The ensemble of trees trained with the original data:
```{r bag1, fig.width=6, fig.height=6, message=FALSE, warning=FALSE}
pp0 <- vapply(ts, FUN = predict, FUN.VALUE = matrix(0, 200 * 200, 3), newdata = dd, type = "prob")
pp <- apply(pp0, c(1, 2), mean)
```
And the ensemble of trees trained with the slightly modified data:
```{r bag010, fig.width=6, fig.height=6, message=FALSE, warning=FALSE}
pp02 <- vapply(ts2, FUN = predict, FUN.VALUE = matrix(0, 200 * 200, 3), newdata = dd, type = "prob")
pp2 <- apply(pp02, c(1, 2), mean)
```
The plots below show the estimated conditional probabilities for class "red"
in each point of the grid, with each of the two ensembles.
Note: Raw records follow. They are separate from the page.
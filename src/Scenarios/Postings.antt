-- ===== src/Scenarios/Postings.antt =====
-- A deposit through `post` of Api/src/modules/transactions/transactions.service.ts, and a second
-- request with its key.
use vaultchain_fintech_dashb.Prelude.Text.{pad_start}
use vaultchain_fintech_dashb.Prelude.Text.{decimal}
use vaultchain_fintech_dashb.Ledger.Execute.{mark_reversed}
use vaultchain_fintech_dashb.Ledger.Execute.{apply_leg}
use vaultchain_fintech_dashb.Prelude.{
  ℕ, Bool, true, false, none, some, [], ◌∷◌, ◌≡◌, refl, pos, ok, if◌then◌else◌, is_ok, ℤ, ◌+◌,
  arith,
}
use vaultchain_fintech_dashb.Prelude.Text.{codes}
use vaultchain_fintech_dashb.Ledger.Store.{
  transaction_conflict, entries_conflict, Db, Wallet, clearing, deposit, Transaction,
  TransactionSnapshot, posted, roll_back,
}
use vaultchain_fintech_dashb.Ledger.Plan.{plan_kind, plan_for, plan_deposit, lookup_system_wallet}
use vaultchain_fintech_dashb.Ledger.Execute.{
  Env, omitted, execute_plan, lock_and_load_wallets, lock_wallets, lock_order, write_posting,
  assert_sufficient_balance, overdraws, owner_account, next_public_ref, create_transaction_row,
  write_balanced_ledger, plan_entries, next_entry_seq, apply_balance_deltas,
}
use vaultchain_fintech_dashb.Ledger.Post.{
  nobody, Request, post, in_transaction, look_up, claim, post_and_complete, run_claimed,
  post_by_kind,
}
use vaultchain_fintech_dashb.Ledger.Invariant.{IsSound, total}
use vaultchain_fintech_dashb.Ledger.Safety.{IsLedger, KeepLedger, post-IsLedger}
use vaultchain_fintech_dashb.Ledger.Idempotency.{post_replay, posted_key_never_reposts}

abbrev wallet_of : ℕ → Bool → Wallet
wallet_of id is_system = record {
  id = id;
  account_id = 10 + id;
  currency = 949;
  is_system = is_system;
  system_purpose = if is_system then some clearing else none;
  balance = some (record { balance_minor = pos 0; available_balance_minor = pos 0 });
}

abbrev empty_ledger : Db
empty_ledger = record {
  wallets = wallet_of 1 true ∷ wallet_of 2 false ∷ [];
  transactions = [];
  entries = [];
  keys = [];
  public_ref_seq = 0;
  lock_log = [];
}

abbrev env : Env
env = record {
  checked_at = 100;
  claimed_at = 101;
  executed_at = 102;
  year = 2026;
  transaction_id = 7;
  entry_id = λ n. 70 + n;
  driver_target = λ index. omitted;
}

abbrev deposit_request : Request
deposit_request = record {
  dto = record {
    kind = deposit;
    source_wallet_id = none;
    target_wallet_id = some 2;
    original_transaction_id = none;
    amount_minor = 2500;
    currency = 949;
    category_id = none;
    description = none;
  };
  key = 5;
  client_id = 9;
  fingerprint = 77;
  release_works = true;
}

abbrev snapshot : TransactionSnapshot
snapshot = record {
  id = 7;
  public_ref = codes "TX-2026-000001";
  amount_minor = codes "2500";
  currency = 949;
  posted_at = 102;
}

empty_ledger-IsSound : IsSound empty_ledger
empty_ledger-IsSound = record {
  keyed = (refl, (refl, tt));
  reconciled = (refl, (refl, tt));
  covered = ((λ h. omega arith), ((λ h. omega arith), tt));
  paired = λ id. tt;
  owned = tt;
  one_per_key = tt;
  one_reversal = tt;
}

abbrev after_deposit : Db
after_deposit = (post env nobody deposit_request empty_ledger).1

-- The deposit posts.
deposit-posts : post env nobody deposit_request empty_ledger ≡ (ok snapshot, after_deposit)
unfolding post look_up claim run_claimed in_transaction post_and_complete post_by_kind plan_for
    plan_deposit lookup_system_wallet execute_plan lock_and_load_wallets lock_wallets lock_order
    write_posting assert_sufficient_balance overdraws owner_account next_public_ref
    create_transaction_row write_balanced_ledger plan_entries next_entry_seq apply_balance_deltas
    apply_leg mark_reversed decimal pad_start plan_kind transaction_conflict entries_conflict
deposit-posts = refl

-- Nobody else writing keeps every ledger up.
nobody-KeepLedger : (τ : ℤ) → KeepLedger τ nobody
nobody-KeepLedger τ = record {
  at_claim = λ db h. h;
  at_reread = λ db h. h;
  at_posting = λ db h. h;
  at_release = λ db h. h;
}

post-IsLedger_example :
    IsLedger (total empty_ledger.wallets) (post env nobody deposit_request empty_ledger).1
post-IsLedger_example =
    post-IsLedger env nobody deposit_request (total empty_ledger.wallets) empty_ledger
      (nobody-KeepLedger (total empty_ledger.wallets)) (empty_ledger-IsSound, refl)

post_replay_example : post env nobody deposit_request after_deposit ≡ (ok snapshot, after_deposit)
post_replay_example =
    post_replay env deposit_request empty_ledger after_deposit snapshot env nobody deposit_request
      empty_ledger-IsSound deposit-posts refl refl

-- A ledger that has a transaction with the key of the request, and no row of the key.
abbrev old_transaction : Transaction
old_transaction = record {
  id = 3;
  public_ref = codes "TX-2026-000000";
  idempotency_key = 5;
  kind = deposit;
  status = posted;
  account_id = 12;
  category_id = none;
  description = none;
  occurred_at = 1;
  posted_at = 1;
  reversal_of = none;
}

abbrev keyless_ledger : Db
keyless_ledger = record empty_ledger { transactions = old_transaction ∷ [] }

posted_key_never_reposts_example :
    (is_ok (in_transaction env deposit_request keyless_ledger).0 ≡ false)
    × ((in_transaction env deposit_request keyless_ledger).1
        ≡ roll_back keyless_ledger (post_and_complete env deposit_request keyless_ledger).1)
posted_key_never_reposts_example =
    posted_key_never_reposts env deposit_request keyless_ledger
      (record {
        keyed = (refl, (refl, tt));
        reconciled = (refl, (refl, tt));
        covered = ((λ h. omega arith), ((λ h. omega arith), tt));
        paired = λ id. tt;
        owned = tt;
        one_per_key = (refl, tt);
        one_reversal = (refl, tt);
      })
      refl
Note
how similar they are (and contrast this with the results obtained before
without bagging):
```{r bag1.plot}
filled.contour(aa, bb, matrix(pp[, 3], 200, 200),
col = terrain.colors(20), xlab = "GPA", ylab = "GMAT",
plot.axes = {
axis(1)
axis(2)
},
panel.last = {
points(mm[, -3], pch = 19, cex = 1.5, col = c("red", "blue", "green")[mm[, 3]])
}
)
filled.contour(aa, bb, matrix(pp2[, 3], 200, 200),
col = terrain.colors(20), xlab = "GPA", ylab = "GMAT",
plot.axes = {
axis(1)
axis(2)
},
panel.last = {
points(mm2[, -3], pch = 19, cex = 1.5, col = c("red", "blue", "green")[mm2[, 3]])
points(mm[c(1, 7), -3], pch = "O", cex = 1.2, col = c("red", "blue", "green")[mm[c(1, 7), 3]])
}
)
```
You are strongly encouraged to obtain the corresponding plots comparing
the estimated conditional probabilities with both ensembles
for each of the other 2 classes ("blue" and "green").